**Required work**
From the listing below, reproduce word for word the part that opens with the line containing "rounds_all-append 0 s" and closes with the line containing "steps-later zero s start l r h long = h.regs"; reproduce nothing else.
** Opening Exercise materials block **
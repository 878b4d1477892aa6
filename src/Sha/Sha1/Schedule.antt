-- ===== src/Sha/Sha1/Schedule.antt =====
-- generic/sha1.c: SHA1Transform, whose five variables take turns and whose schedule is sixteen
-- words in place, against the compression function of FIPS 180.
use e2factory.Common.{
  ℕ, zero, suc, ◌+◌, ◌-◌, ◌%◌, ◌≤◌, ◌<◌, ◌≡◌, refl, ap, ap₂, ◌∙◌, sym, subst, bit_and, bit_xor,
  List, [], ◌∷◌, ◌++◌, Bytes, lt→ltb, le→not-ltb, get_or, set, length, length-append, append_assoc,
  append-nil, arith,
}
use e2factory.Common.Bits.{bit_and_15}
use e2factory.Sha.Words.{u32, load_le}
use e2factory.Sha.Window.{Window, Window-add, get_or-set, get_or-set_other}
use e2factory.Sha.Sha1.Turns.{step, steps, steps_add, rounds_from-steps}
use e2factory.Sha.Sha1.Fips.{
  round, rounds_all, rounds_all-append, next_word, extend, swapped, words_of, compressed,
}
use e2factory.Sha.Sha1.{
  Regs, Work, rol, words_le, blk0, blk, mix, constant, expand, mixed, transform,
}

mixed-round :
    (i v w x y z : ℕ) (l : List ℕ) (word : ℕ)
    → get_or l (bit_and i 15) 0 ≡ word
    → mixed i v w x y z l ≡ u32 (rol v 5 + mix i w x y + z + constant i + word)
unfolding mixed
mixed-round i v w x y z l word e =
    ap (λ k. u32 (z + (mix i w x y + k + constant i + rol v 5))) e ∙ ap u32 (omega arith)

-- A step whose expansion puts a known word in the place of the oldest.
step-round :
    (t word : ℕ) (l : List ℕ) (r : Regs)
    → length l ≡ 16
    → expand l t ≡ set l (t % 16) word
    → step t (record { l = l; regs = r })
      ≡ record { l = set l (t % 16) word; regs = round t word r }
unfolding round
step-round t word l r wide e =
    ap₂
      (λ (k : List ℕ) (x : ℕ). record {
        l = k;
        regs = record { a = x; b = r.a; c = rol r.b 30; d = r.c; e = r.d };
      })
      e
      (ap (mixed t r.a r.b r.c r.d r.e) e
        ∙ mixed-round t r.a r.b r.c r.d r.e (set l (t % 16) word) word (
            ap (λ k. get_or (set l (t % 16) word) k 0) (bit_and_15 t)
            ∙ get_or-set l (t % 16) word 0 (omega (arith, wide))))

-- The word that `blk` computes.
expand-later :
    (l s : List ℕ)
    → Window l s
    → 16 ≤ length s
    → expand l (length s) ≡ set l (length s % 16) (next_word s)
unfolding expand blk next_word
expand-later l s h long =
    rw (le→not-ltb (length s) 16 long, expand)
      (ap₂ (set l) (bit_and_15 (length s)) (
        ap (λ x. rol x 1)
          (ap₂ bit_xor
            (ap₂ bit_xor (ap₂ bit_xor (old 13 3 refl (omega arith)) (old 8 8 refl (omega arith)))
              (old 2 14 refl (omega arith)))
            (old 0 16 refl (omega arith)))))
  where
    old :
        (k back : ℕ)
        → k + back ≡ 16
        → 0 < back
        → get_or l (bit_and (length s + k) 15) 0 ≡ get_or s (length s - back) 0
    old k back e some_back =
        ap (λ i. get_or l i 0) (bit_and_15 (length s + k) ∙ omega arith)
        ∙ h.same (length s - back) (omega arith) (omega arith)

-- What `blk0` puts in the place of a word.
expand-first :
    (l : List ℕ) (t word : ℕ)
    → t < 16
    → get_or l t 0 ≡ word
    → expand l t ≡ set l (t % 16) (swapped word)
unfolding expand blk0
expand-first l t word early e =
    rw (lt→ltb t 16 early, expand) (ap₂ (set l) (omega arith) (ap swapped e))

-- After some steps: the buffer, and the variables.
record Reached (s : List ℕ) (start : Regs) (v : Work) : Type 0 where
  window : Window v.l s
  regs : v.regs ≡ rounds_all 0 s start

Reached-step :
    (s : List ℕ) (x : ℕ) (start : Regs) (l : List ℕ) (r : Regs)
    → Reached s start (record { l = l; regs = r })
    → Reached
        (s ++ (x ∷ []))
        start
        (record { l = set l (length s % 16) x; regs = round (length s) x r })
Reached-step s x start l r h =
    let from_none : 0 + length s ≡ length s = omega arith in
    record {
      window = Window-add l s x h.window;
      regs =
          ap (round (length s) x) h.regs
          ∙ sym (
              rounds_all-append 0 s x start ∙ ap (λ k. round k x (rounds_all 0 s start)) from_none);
    }

steps-later :
    (left : ℕ) (s : List ℕ) (start : Regs) (l : List ℕ) (r : Regs)
    → Reached s start (record { l = l; regs = r })
    → 16 ≤ length s
    → (steps left (length s) (record { l = l; regs = r })).regs ≡ rounds_all 0 (extend left s) start
unfolding steps extend
steps-later zero s start l r h long = h.regs
steps-later (suc left) s start l r h long =
    let x = next_word s in
    let longer : length s + 1 ≡ length (s ++ (x ∷ [])) = omega (arith, length-append s (x ∷ [])) in
    ap (λ (v : Work). v.regs)
      (ap₂ (steps left) longer
        (step-round (length s) x l r h.window.wide (expand-later l s h.window long)))
    ∙ steps-later left (s ++ (x ∷ [])) start _ _ (Reached-step s x start l r h)
        (omega (arith, length-append s (x ∷ [])))

steps-first :
    (left : ℕ) (block : Bytes) (s : List ℕ) (start : Regs) (l : List ℕ) (r : Regs)
    → Reached s start (record { l = l; regs = r })
    → left + length s ≡ 16
    → ((k : ℕ) → length s ≤ k → k < 16 → get_or l k 0 ≡ load_le block k)
    → Reached
        (s ++ words_of left (length s) block)
        start
        (steps left (length s) (record { l = l; regs = r }))
unfolding steps words_of
steps-first zero block s start l r h fits raw = rw append-nil h
steps-first (suc left) block s start l r h fits raw =
    let x = swapped (load_le block (length s)) in
    let longer : length (s ++ (x ∷ [])) ≡ length s + 1 = omega (arith, length-append s (x ∷ [])) in
    subst
      (λ v.
        Reached (s ++ (x ∷ words_of left (length s + 1) block)) start (steps left (length s + 1) v))
      (sym (
        step-round (length s) x l r h.window.wide (
          expand-first l (length s) (load_le block (length s)) (omega arith)
            (raw (length s) (omega arith) (omega arith)))))
      (subst
        (λ k.
          Reached (s ++ (x ∷ words_of left k block)) start
            (steps left k (record { l = set l (length s % 16) x; regs = round (length s) x r })))
        longer
        (rw append_assoc at (
          steps-first left block (s ++ (x ∷ [])) start _ _ (Reached-step s x start l r h)
            (omega (arith, length-append s (x ∷ [])))
            (λ k late early.
              get_or-set_other l k (length s % 16) x 0
                (λ e. absurd (omega (arith, e, length-append s (x ∷ []))))
              ∙ raw k (omega (arith, length-append s (x ∷ []))) early))))

get_or-words_le :
    (n i k : ℕ) (block : Bytes) → k < n → get_or (words_le n i block) k 0 ≡ load_le block (i + k)
unfolding words_le
get_or-words_le zero i k block h = absurd (omega arith)
get_or-words_le (suc n) i zero block h =
    let same : i ≡ i + zero = omega arith in ap (load_le block) same
get_or-words_le (suc n) i (suc k) block h =
    let same : i + 1 + k ≡ i + suc k = omega arith in
    get_or-words_le n (i + 1) k block (omega arith) ∙ ap (load_le block) same

-- SHA1Transform, with its words in place and its variables in turn, is the compression function
-- over the whole schedule.
pub transform-compressed_sha1 :
    (st : Regs) (block : Bytes) → transform st block ≡ compressed st block
unfolding transform compressed words_le rounds_all words_of
transform-compressed_sha1 st block =
    let l =
      steps-first 16 block [] st (words_le 16 0 block) st
        (record {
          window = record { wide = refl; same = λ i h. absurd (omega arith) };
          regs = refl;
        })
        refl
        (λ k late early. get_or-words_le 16 0 k block early ∙ ap (load_le block) (omega arith)) in
    let first = steps 16 0 (record { l = words_le 16 0 block; regs = st }) in
    let sixteen : 16 ≡ length (words_of 16 0 block) = refl in
    ap
      (λ (r : Regs). record {
        a = u32 (st.a + r.a);
        b = u32 (st.b + r.b);
        c = u32 (st.c + r.c);
        d = u32 (st.d + r.d);
        e = u32 (st.e + r.e);
      })
      (ap (λ (v : Work). v.regs)
          (rounds_from-steps 16 0 (record { l = words_le 16 0 block; regs = st })
            ∙ sym (steps_add 16 64 0 (record { l = words_le 16 0 block; regs = st })))
        ∙ steps-later 64 (words_of 16 0 block) st first.l first.regs l (omega arith))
** Closing Exercise materials block **
**Exercise result**
              rounds_all-append 0 s x start ∙ ap (λ k. round k x (rounds_all 0 s start)) from_none);
    }

steps-later :
    (left : ℕ) (s : List ℕ) (start : Regs) (l : List ℕ) (r : Regs)
    → Reached s start (record { l = l; regs = r })
    → 16 ≤ length s
    → (steps left (length s) (record { l = l; regs = r })).regs ≡ rounds_all 0 (extend left s) start
unfolding steps extend
steps-later zero s start l r h long = h.regs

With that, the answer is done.